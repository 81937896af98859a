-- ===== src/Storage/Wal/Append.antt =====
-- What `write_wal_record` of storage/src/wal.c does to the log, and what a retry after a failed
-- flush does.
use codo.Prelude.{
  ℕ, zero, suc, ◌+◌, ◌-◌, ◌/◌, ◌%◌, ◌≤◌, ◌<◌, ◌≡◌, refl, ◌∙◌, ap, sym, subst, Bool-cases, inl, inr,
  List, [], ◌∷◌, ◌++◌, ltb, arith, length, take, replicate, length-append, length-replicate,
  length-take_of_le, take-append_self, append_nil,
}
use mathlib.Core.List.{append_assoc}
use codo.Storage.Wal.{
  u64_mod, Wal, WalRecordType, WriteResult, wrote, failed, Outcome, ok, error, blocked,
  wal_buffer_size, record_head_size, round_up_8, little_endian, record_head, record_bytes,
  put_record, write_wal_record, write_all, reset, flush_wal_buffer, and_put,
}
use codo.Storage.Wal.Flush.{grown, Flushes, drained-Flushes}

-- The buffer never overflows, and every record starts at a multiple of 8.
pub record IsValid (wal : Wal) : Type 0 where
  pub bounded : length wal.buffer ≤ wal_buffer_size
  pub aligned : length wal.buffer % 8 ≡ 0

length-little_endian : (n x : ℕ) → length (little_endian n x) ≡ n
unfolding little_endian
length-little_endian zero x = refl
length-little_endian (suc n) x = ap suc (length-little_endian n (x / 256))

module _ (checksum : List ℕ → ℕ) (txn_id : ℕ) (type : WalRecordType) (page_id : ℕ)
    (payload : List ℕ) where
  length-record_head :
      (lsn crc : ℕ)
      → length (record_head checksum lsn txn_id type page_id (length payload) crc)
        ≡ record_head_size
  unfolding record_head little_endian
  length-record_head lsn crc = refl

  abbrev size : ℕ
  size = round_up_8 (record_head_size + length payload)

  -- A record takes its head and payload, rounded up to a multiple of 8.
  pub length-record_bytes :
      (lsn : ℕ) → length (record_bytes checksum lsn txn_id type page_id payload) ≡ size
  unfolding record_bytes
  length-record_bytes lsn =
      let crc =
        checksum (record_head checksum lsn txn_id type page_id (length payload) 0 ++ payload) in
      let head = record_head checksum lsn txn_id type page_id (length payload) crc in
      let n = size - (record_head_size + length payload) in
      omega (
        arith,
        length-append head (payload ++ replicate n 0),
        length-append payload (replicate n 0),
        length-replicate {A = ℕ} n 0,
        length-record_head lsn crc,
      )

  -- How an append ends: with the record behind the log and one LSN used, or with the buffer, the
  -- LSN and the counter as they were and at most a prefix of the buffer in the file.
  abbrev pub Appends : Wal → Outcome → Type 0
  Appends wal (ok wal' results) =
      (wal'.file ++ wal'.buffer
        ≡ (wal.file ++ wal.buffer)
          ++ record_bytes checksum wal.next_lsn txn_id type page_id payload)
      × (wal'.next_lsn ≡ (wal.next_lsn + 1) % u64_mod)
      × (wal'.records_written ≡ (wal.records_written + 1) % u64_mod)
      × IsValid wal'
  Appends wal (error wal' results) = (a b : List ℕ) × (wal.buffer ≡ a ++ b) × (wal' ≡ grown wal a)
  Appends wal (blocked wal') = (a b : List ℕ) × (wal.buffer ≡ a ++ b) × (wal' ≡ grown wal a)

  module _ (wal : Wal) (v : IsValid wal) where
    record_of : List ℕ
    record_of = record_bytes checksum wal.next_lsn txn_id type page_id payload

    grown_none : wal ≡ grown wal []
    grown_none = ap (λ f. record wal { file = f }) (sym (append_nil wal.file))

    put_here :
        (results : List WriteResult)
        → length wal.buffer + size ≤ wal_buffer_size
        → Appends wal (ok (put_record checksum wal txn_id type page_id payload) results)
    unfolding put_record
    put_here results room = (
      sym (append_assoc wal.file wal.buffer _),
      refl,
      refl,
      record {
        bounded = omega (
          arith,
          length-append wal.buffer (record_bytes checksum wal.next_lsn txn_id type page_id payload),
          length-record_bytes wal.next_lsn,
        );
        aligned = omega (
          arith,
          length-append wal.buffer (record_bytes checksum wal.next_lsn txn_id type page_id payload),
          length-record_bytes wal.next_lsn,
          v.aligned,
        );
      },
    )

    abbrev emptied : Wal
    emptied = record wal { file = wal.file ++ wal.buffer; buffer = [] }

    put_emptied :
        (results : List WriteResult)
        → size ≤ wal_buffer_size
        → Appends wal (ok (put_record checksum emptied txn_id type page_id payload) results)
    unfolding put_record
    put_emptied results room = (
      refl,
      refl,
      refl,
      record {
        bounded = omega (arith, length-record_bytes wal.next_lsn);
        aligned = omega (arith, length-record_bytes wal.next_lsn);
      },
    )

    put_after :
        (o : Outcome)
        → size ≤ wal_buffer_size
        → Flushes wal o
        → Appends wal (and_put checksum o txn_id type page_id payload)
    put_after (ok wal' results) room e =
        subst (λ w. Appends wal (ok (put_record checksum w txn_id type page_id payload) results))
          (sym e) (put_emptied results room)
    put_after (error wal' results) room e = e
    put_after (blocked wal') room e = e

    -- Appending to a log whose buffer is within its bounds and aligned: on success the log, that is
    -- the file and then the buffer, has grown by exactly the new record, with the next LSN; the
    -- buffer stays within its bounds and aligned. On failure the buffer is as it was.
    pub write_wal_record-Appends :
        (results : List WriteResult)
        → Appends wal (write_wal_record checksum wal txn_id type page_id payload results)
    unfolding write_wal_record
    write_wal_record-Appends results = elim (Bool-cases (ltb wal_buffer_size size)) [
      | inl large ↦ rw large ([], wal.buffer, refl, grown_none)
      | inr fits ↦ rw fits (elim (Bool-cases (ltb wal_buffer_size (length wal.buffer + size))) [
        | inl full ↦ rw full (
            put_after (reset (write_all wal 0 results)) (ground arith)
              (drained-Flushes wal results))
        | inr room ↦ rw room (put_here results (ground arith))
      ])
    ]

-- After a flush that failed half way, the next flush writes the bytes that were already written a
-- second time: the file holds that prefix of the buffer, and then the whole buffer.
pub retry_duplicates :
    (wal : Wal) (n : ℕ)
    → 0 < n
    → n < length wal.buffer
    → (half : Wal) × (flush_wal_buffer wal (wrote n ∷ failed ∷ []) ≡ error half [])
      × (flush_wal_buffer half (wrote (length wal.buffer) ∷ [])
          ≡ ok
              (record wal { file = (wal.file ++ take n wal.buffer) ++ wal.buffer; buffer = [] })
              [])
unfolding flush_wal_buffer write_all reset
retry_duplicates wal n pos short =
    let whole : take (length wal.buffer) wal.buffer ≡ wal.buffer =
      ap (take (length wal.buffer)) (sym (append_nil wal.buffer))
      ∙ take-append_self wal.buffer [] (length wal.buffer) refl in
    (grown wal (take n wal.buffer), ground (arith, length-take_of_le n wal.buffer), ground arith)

◆ ◆ ◆ ◆

Activity: Using the entries above, determine how many lines include the string "cases" and write only that number.

Written answer: 3